Moon is perhaps most widely-known for her work advocating against the Alaskan Way Viaduct replacement tunnel—she had a vision for no highway on the waterfront at all. Her work advocating alongside the People’s Waterfront Coalition earned her the Municipal League’s Citizen of the Year award in 2009 and the only-ever Stranger Political Genius Award, and was honored by Real Change with their 2011 Change Agent Award

She has also been heavily involved in Seattle policy and urban planning, Alaskan Way aside; she’s currently on a leave of absence from her position on the Board of Directors at the Progress Alliance and the advisory board for public-private partnership One Center City.

Affordable housing appears to be at the forefront of her platform, which advocates for increasing tenants’ rights—”The Seattle Renters Commission is a good first step, but we can do more to help renters”—preventing evictions, “exponentially” expanding Seattle’s affordable housing, and implementing taxes to “deter corporate and non-resident real estate speculation.”
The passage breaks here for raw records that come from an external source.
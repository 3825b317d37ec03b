-- ===== src/Kernel/Outbox.antt =====
-- The outbox (inc/kernel/events/outbox.py): appending, claiming, and one dispatch cycle.
pub mod Delivery
pub mod Settled
pub mod Outcome
use aiya_cms.Prelude.{
  seconds, ℕ, ◌+◌, String, Bool, true, false, Option, none, some, List, [], ◌∷◌, ◌++◌, ◌&&◌, ◌||◌,
  not, ltb, eq_option, str_eq, if◌then◌else◌,
}
use aiya_cms.Prelude.Result.{Result, ok, err}
use aiya_cms.Prelude.Table.{get, put}
use aiya_cms.Kernel.Errors.{RetryCategory, permanent, Raised, classify_retry}
use aiya_cms.Kernel.Retry.{RetryPolicy, should_retry, next_attempt_delay}
use aiya_cms.Kernel.Lease.{
  Status, pending, claimed, finished, dead, eq_status, LeasedRow, row_id, due_ids, claim_rows,
  owned_rows,
}

-- `OutboxWriter.append`: the validation of the payload is `valid`.
unfoldable pub append :
    (String → ℕ → Bool) → ℕ → ℕ → String → ℕ → List LeasedRow → Option (List LeasedRow)
append valid id now key subject t =
    if valid key subject
    then some (
        t
        ++ record {
          id = id;
          key = key;
          subject = subject;
          status = pending;
          attempts = 0;
          due_at = now;
          lease_owner = none;
          lease_expires_at = none;
          error_category = none;
        }
          ∷ [])
    else none

-- `OutboxRepository.claim_due`
unfoldable pub claim_due : ℕ → String → ℕ → ℕ → List LeasedRow → List LeasedRow × List LeasedRow
claim_due batch owner lease_seconds now t =
    let ids = due_ids now batch t in
    let t' = claim_rows owner (now + seconds lease_seconds) now ids t in
    (owned_rows owner ids t', t')

-- The conditional UPDATE of the three `mark_` methods, on a message that was loaded before.
unfoldable pub mark : LeasedRow → (LeasedRow → LeasedRow) → List LeasedRow → List LeasedRow
mark message change t = elim (get row_id message.id t) [
  | none ↦ t
  | some cur ↦
      if eq_status cur.status claimed && eq_option str_eq cur.lease_owner message.lease_owner
      then put row_id (change cur) t
      else t
]

abbrev pub delivered : LeasedRow → LeasedRow
delivered r = record r { status = finished; lease_owner = none; lease_expires_at = none }

abbrev pub retried : ℕ → RetryCategory → LeasedRow → LeasedRow
retried at category r = record r {
  status = pending;
  attempts = r.attempts + 1;
  due_at = at;
  lease_owner = none;
  lease_expires_at = none;
  error_category = some category;
}

abbrev pub buried : RetryCategory → LeasedRow → LeasedRow
buried category r = record r {
  status = dead;
  attempts = r.attempts + 1;
  lease_owner = none;
  lease_expires_at = none;
  error_category = some category;
}

unfoldable pub mark_delivered : LeasedRow → List LeasedRow → List LeasedRow
mark_delivered message t = mark message delivered t

unfoldable pub mark_retry : LeasedRow → ℕ → RetryCategory → List LeasedRow → List LeasedRow
mark_retry message at category t = mark message (retried at category) t

unfoldable pub mark_dead : LeasedRow → RetryCategory → List LeasedRow → List LeasedRow
mark_dead message category t = mark message (buried category) t

-- The messages, and the tables that the handlers write.
pub record Database (W : Type 0) : Type 0 where
  pub messages : List LeasedRow
  pub world : W

-- What the dispatcher is built with. A handler takes the envelope's id, in a unit of work of its
-- own: when it raises, it has written nothing.
pub record Dispatcher (W : Type 0) : Type 0 where
  pub known_schema : String → Bool
  pub handlers_for : String → List (ℕ → W → Result Raised W)
  pub retry_policy : RetryPolicy

-- The clock when the claim is checked and when a failure is noted, and the jitter.
pub record Moment : Type 0 where
  pub checked_at : ℕ
  pub failed_at : ℕ
  pub jitter_sample : ℕ

-- The stale-claim test at the start of `_process`. A claimed row without an expiry, which no claim
-- writes, would raise.
pub data Standing : Type 0 where
  held stale broken : Standing

abbrev pub by_expiry : ℕ → Option ℕ → Standing
by_expiry now none = broken
by_expiry now (some e) = if ltb e now then stale else held

unfoldable pub standing : String → ℕ → Option LeasedRow → Standing
standing owner now none = stale
standing owner now (some cur) =
    if not (eq_option str_eq cur.lease_owner (some owner)) || not (eq_status cur.status claimed)
    then stale
    else by_expiry now cur.lease_expires_at

module _ {W : Type 0} where
  -- The handlers in turn: each commits; the first that raises ends the loop.
  unfoldable pub run_handlers : List (ℕ → W → Result Raised W) → ℕ → W → Option Raised × W
  run_handlers [] subject w = (none, w)
  run_handlers (h ∷ hs) subject w = elim (h subject w) [
    | ok w' ↦ run_handlers hs subject w'
    | err e ↦ (some e, w)
  ]

  -- A row is loaded again by its id and marked; with no such row the attribute access raises.
  unfoldable pub mark_fresh :
      ℕ → (LeasedRow → List LeasedRow → List LeasedRow) → Database W → Option (Database W)
  mark_fresh id marking d = elim (get row_id id d.messages) [
    | none ↦ none
    | some fresh ↦ some (record d { messages = marking fresh d.messages })
  ]

  -- What follows the handlers, `message` as claimed.
  unfoldable pub conclude :
      Dispatcher W → Moment → LeasedRow → Option Raised → Database W → Option (Database W)
  conclude env at message none d = mark_fresh message.id mark_delivered d
  conclude env at message (some e) d =
      let category = classify_retry e in
      let attempts = message.attempts + 1 in
      if should_retry env.retry_policy category attempts
      then mark_fresh message.id
          (λ fresh.
            mark_retry fresh
              (at.failed_at
                + next_attempt_delay env.retry_policy category attempts at.jitter_sample)
              category)
          d
      else mark_fresh message.id (λ fresh. mark_dead fresh category) d

  -- `_process` and `_quarantine`; `none` when an exception leaves the cycle.
  unfoldable pub process :
      Dispatcher W → String → Moment → LeasedRow → Database W → Option (Database W)
  process env owner at message d =
      elim (standing owner at.checked_at (get row_id message.id d.messages)) [
        | stale ↦ some d
        | broken ↦ none
        | held ↦
            if env.known_schema message.key
            then (let (failure, w) =
                  run_handlers (env.handlers_for message.key) message.subject d.world in
                conclude env at message failure (record d { world = w }))
            else mark_fresh message.id (λ fresh. mark_dead fresh permanent) d
      ]

  unfoldable pub process_all :
      Dispatcher W → String → (ℕ → Moment) → List LeasedRow → Database W → Option (Database W)
  process_all env owner at [] d = some d
  process_all env owner at (m ∷ ms) d = elim (process env owner (at m.id) m d) [
    | none ↦ none
    | some d' ↦ process_all env owner at ms d'
  ]

  -- `dispatch_cycle`: the claim commits, then the messages one by one; `at` is the clock for each.
  unfoldable pub dispatch_cycle :
      Dispatcher W → ℕ → String → ℕ → ℕ → (ℕ → Moment) → Database W → Option (Database W)
  unfolding process_all
  dispatch_cycle env batch owner lease_seconds now at d =
      let (messages, t) = claim_due batch owner lease_seconds now d.messages in
      process_all env owner at messages (record d { messages = t })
Moon’s platform also calls for exploring “missing middle” housing options, like duplexes, ADUs, and co-housing—named so because they’re a middle-of-the-road option between single-family homes and super-dense apartments. Some, including Sightline Institute, have found Seattle’s investment in these solutions inadequate.

She also advocates expanding public and nonprofit housing—also a key part of mayoral candidate Nikkita Oliver’s platform.

Moon calls for addressing affordable housing and transportation together.

“Working people are being pushed out of Seattle to chase affordable housing in places that are not served by transit, which leaves them isolated from their communities and services,” says Moon’s website.

Her proposed solutions call for more bus lanes, making walking and biking more viable, mitigating bus traffic equitably, and recognizing the rights of people with disabilities.

Homelessness is also a hot-button issue in this year’s mayoral race. She says she’ll prioritize long-term, supportive housing and provide more low-barrier shelters while addressing immediate needs and root causes.

Moon is the second opponent, along with former mayor Mike McGinn, to jump into the mayoral race since a lawsuit surfaced against current mayor Ed Murray, alleging he’d sexually abused a teenager in the ‘80s. Murray has denied that claim, as well as similar allegations by two other men.

Other candidates include attorney and educator Oliver, who is running as a People’s Party candidate, and safe-streets advocate Andres Salomon.

Both McGinn and Moon’s platform call for reversing Seattle’s reliance on regressive taxes, which hit poorest communities the hardest. Moon, specifically, calls for a tax on luxury real estate and a capital gains tax.